◆ **Problem description**
Look for the word "false" in the material below. Copy each line that has it.

◆ **Recorded information**

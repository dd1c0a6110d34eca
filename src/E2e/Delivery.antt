-- ===== src/E2e/Delivery.antt =====
-- client/e2erelay.go: the lemmas on the way of a frame from e2eSealer to e2eOpener.
use mathlib.Core.List.{append_assoc, append-nil}
use apgo.Prelude.{
  ℕ, ◌*◌, ◌^◌, ◌<◌, ◌≤◌, true, false, [], ◌∷◌, ◌++◌, none, some, ◌⊎◌, inl, inr, leb, set, take,
  length, length-append, take_prefix, ◌≡◌, refl, sym, ap, ◌∙◌, arith,
}
use apgo.Prelude.Maps.{lookup}
use apgo.Prelude.Text.{Text, text_eq, be_value, put_be, be_value-put_be, length-put_be}
use apgo.E2e.{window_ok}
use apgo.E2e.Bitmap.{no_window_takes}
use apgo.E2e.Opener.{
  second, e2e_max_recv_keys, E2eHeader, E2eCrypto, RecvState, Opener, E2eCall, opened, recv_key,
  is_stale, e2e_ad, parse_e2e, open_locked, derive_key, make_room, store_new, store, store_opened,
  open_derived, open_at, open_parsed, open_read, open_e2e,
}
use apgo.E2e.Sealer.{SealCrypto, SealCall, SendState, pqid_of, seal_header, seal_body}
use apgo.E2e.Sealed.{length-wire, parse_e2e-wire}

module _ {A : Type 0} (y : E2eCrypto A) (call : E2eCall) (h : E2eHeader) (aead : A) where
  -- The receiver has the key: in its table with a window that takes the counter, or, with room in the
  -- table, by deriving it.
  abbrev pub HasKey : Opener A → Type 0
  HasKey o =
      ((st : RecvState A) × (lookup (recv_key h) o.m ≡ some st)
        × (st.aead ≡ aead)
        × (window_ok st.win h.ctr ≡ true))
      ⊎ ((lookup (recv_key h) o.m ≡ none)
          × (derive_key y call h ≡ inr aead)
          × (length o.m < e2e_max_recv_keys))

module _ {A : Type 0} (y : E2eCrypto A) (call : E2eCall) (h : E2eHeader) (ct pt : Text)
    (aead : A) where
  open_at_known :
      (o : Opener A) (st : RecvState A)
      → st.aead ≡ aead
      → window_ok st.win h.ctr ≡ true
      → y.open_aead aead h.ctr (e2e_ad call.body) ct ≡ some pt
      → (open_at y call h ct o (some st)).1 ≡ opened h pt
  unfolding open_at open_locked
  open_at_known o st e w p = rw (w, e, p) refl

  open_at_derived :
      (o : Opener A)
      → lookup (recv_key h) o.m ≡ none
      → derive_key y call h ≡ inr aead
      → length o.m < e2e_max_recv_keys
      → y.open_aead aead h.ctr (e2e_ad call.body) ct ≡ some pt
      → (open_at y call h ct o none).1 ≡ opened h pt
  unfolding open_at open_derived open_locked store_opened store store_new make_room
  open_at_derived o e d l p =
      let room : leb e2e_max_recv_keys (length o.m) ≡ false = ground arith in
      rw (d, no_window_takes h.ctr, p, store, e, store_new, make_room, room, room) refl

  pub open_e2e_opened :
      (o : Opener A)
      → parse_e2e call.body ≡ inr (h, ct)
      → text_eq h.sender y.self_pub ≡ false
      → is_stale call.now (h.ts * second) ≡ false
      → HasKey y call h aead o
      → y.open_aead aead h.ctr (e2e_ad call.body) ct ≡ some pt
      → (open_e2e y call o).1 ≡ opened h pt
  unfolding open_read open_parsed
  open_e2e_opened o r s t (inl (st, e, a, w)) p = rw (r, s, t, e) (open_at_known o st a w p)
  open_e2e_opened o r s t (inr (e, d, l)) p = rw (r, s, t, e) (open_at_derived o e d l p)

-- Fields of the widths that the frame has for them.
pub record HasWidths {A : Type 0} (x : SealCrypto A) (st : SendState A) (c : SealCall)
    : Type 0 where
  pub dst : length c.dst ≡ 4
  pub src : length c.src ≡ 4
  pub sender : length x.self_pub ≡ 32
  pub eph : length st.eph ≡ 32
  pub pqid : length (pqid_of c.pq) ≡ 4
  pub ts : st.ts < 2 ^ 32

-- The header of a sealed frame whose hop counter a relay wrote.
abbrev pub sealed_header : {A : Type 0} → SealCrypto A → SendState A → SealCall → ℕ → ℕ → E2eHeader
sealed_header x st c n hop = record {
  hop = hop;
  dst = c.dst;
  src = c.src;
  sender = x.self_pub;
  eph = st.eph;
  ts = st.ts;
  ctr = n;
  pqid = pqid_of c.pq;
}

-- What the cipher promises: it opens what it sealed under the same key, counter and header, and
-- its ciphertexts carry a tag of 16 bytes.
pub record CipherOpens {A : Type 0} (x : SealCrypto A) (y : E2eCrypto A) : Type 0 where
  pub opens : (a : A) (k : ℕ) (ad p : Text) → y.open_aead a k ad (x.seal_aead a k ad p) ≡ some p
  pub tagged : (a : A) (k : ℕ) (ad p : Text) → 16 ≤ length (x.seal_aead a k ad p)

module _ {A : Type 0} (x : SealCrypto A) (st : SendState A) (c : SealCall) (n : ℕ)
    (w : HasWidths x st c) where
  fields : Text
  fields = c.dst ++ c.src ++ x.self_pub ++ st.eph ++ put_be 4 st.ts ++ put_be 8 n ++ pqid_of c.pq

  fields_nested :
      (ct : Text)
      → fields ++ ct
        ≡ c.dst
          ++ (c.src
              ++ (x.self_pub
                  ++ (st.eph ++ (put_be 4 st.ts ++ (put_be 8 n ++ (pqid_of c.pq ++ ct))))))
  unfolding fields
  fields_nested ct = simp append_assoc

  length-fields : length fields ≡ 88
  unfolding fields
  length-fields = omega (
    arith,
    length-append fields [],
    ap length (fields_nested []),
    length-wire 0 c.dst c.src x.self_pub st.eph (put_be 4 st.ts) (put_be 8 n) (pqid_of c.pq) []
        w.dst w.src w.sender w.eph (length-put_be 4 st.ts) (length-put_be 8 n) w.pqid,
  )

  -- The authenticated header is that of the sealer, whatever the hop counter.
  ad_kept :
      (hop : ℕ) (ct : Text) → e2e_ad (1 ∷ hop ∷ (fields ++ ct)) ≡ e2e_ad (seal_header x st c n)
  unfolding e2e_ad seal_header fields
  ad_kept hop ct =
      ap (λ t. 1 ∷ 0 ∷ t)
        (take_prefix 88 fields ct length-fields
          ∙ sym (ap (take 88) (sym (append-nil fields)) ∙ take_prefix 88 fields [] length-fields))

  forwarded_is_read :
      (hop : ℕ) (ct : Text)
      → n < 2 ^ 64
      → 16 ≤ length ct
      → parse_e2e (1 ∷ hop ∷ (fields ++ ct)) ≡ inr (sealed_header x st c n hop, ct)
  forwarded_is_read hop ct l long =
      let ts : be_value (put_be 4 st.ts) 0 ≡ st.ts =
        omega (arith, be_value-put_be 4 st.ts 0, w.ts) in
      let ctr : be_value (put_be 8 n) 0 ≡ n = omega (arith, be_value-put_be 8 n 0, l) in
      ap (λ t. parse_e2e (1 ∷ hop ∷ t)) (fields_nested ct)
      ∙ parse_e2e-wire hop c.dst c.src x.self_pub st.eph (put_be 4 st.ts) (put_be 8 n)
          (pqid_of c.pq) ct w.dst w.src w.sender w.eph (length-put_be 4 st.ts) (length-put_be 8 n)
          w.pqid long
      ∙ rw (ts, ctr) refl

  -- A sealed frame, whatever hop counter the relays wrote in it, gives its payload to the receiver
  -- that has the sealer's key: the frame is not the receiver's own, its timestamp is in the accepted
  -- span, and the key is in the table with a window that takes the counter, or is derived while the
  -- table has room. The fields have the widths of the frame, and the cipher opens what it sealed.
  pub open_e2e-seal_body :
      (y : E2eCrypto A) (call : E2eCall) (hop : ℕ) (o : Opener A)
      → n < 2 ^ 64
      → CipherOpens x y
      → call.body ≡ set (seal_body x st c n) 1 hop
      → text_eq x.self_pub y.self_pub ≡ false
      → is_stale call.now (st.ts * second) ≡ false
      → HasKey y call (sealed_header x st c n hop) st.aead o
      → (open_e2e y call o).1 ≡ opened (sealed_header x st c n hop) c.payload
  unfolding seal_body seal_header fields
  open_e2e-seal_body y call hop o l cipher is_frame other timely key =
      let ct = x.seal_aead st.aead n (e2e_ad (seal_header x st c n)) c.payload in
      open_e2e_opened y call (sealed_header x st c n hop) ct c.payload st.aead o
        (ap parse_e2e is_frame ∙ forwarded_is_read hop ct l (cipher.tagged _ _ _ _)) other timely
        key
        (ap (λ b. y.open_aead st.aead n (e2e_ad b) ct) is_frame
          ∙ ap (λ ad. y.open_aead st.aead n ad ct) (ad_kept hop ct)
          ∙ cipher.opens _ _ _ _)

◆ **Response to this task**
  ℕ, ◌*◌, ◌^◌, ◌<◌, ◌≤◌, true, false, [], ◌∷◌, ◌++◌, none, some, ◌⊎◌, inl, inr, leb, set, take,
      let room : leb e2e_max_recv_keys (length o.m) ≡ false = ground arith in
      → text_eq h.sender y.self_pub ≡ false
      → is_stale call.now (h.ts * second) ≡ false
      → text_eq x.self_pub y.self_pub ≡ false
      → is_stale call.now (st.ts * second) ≡ false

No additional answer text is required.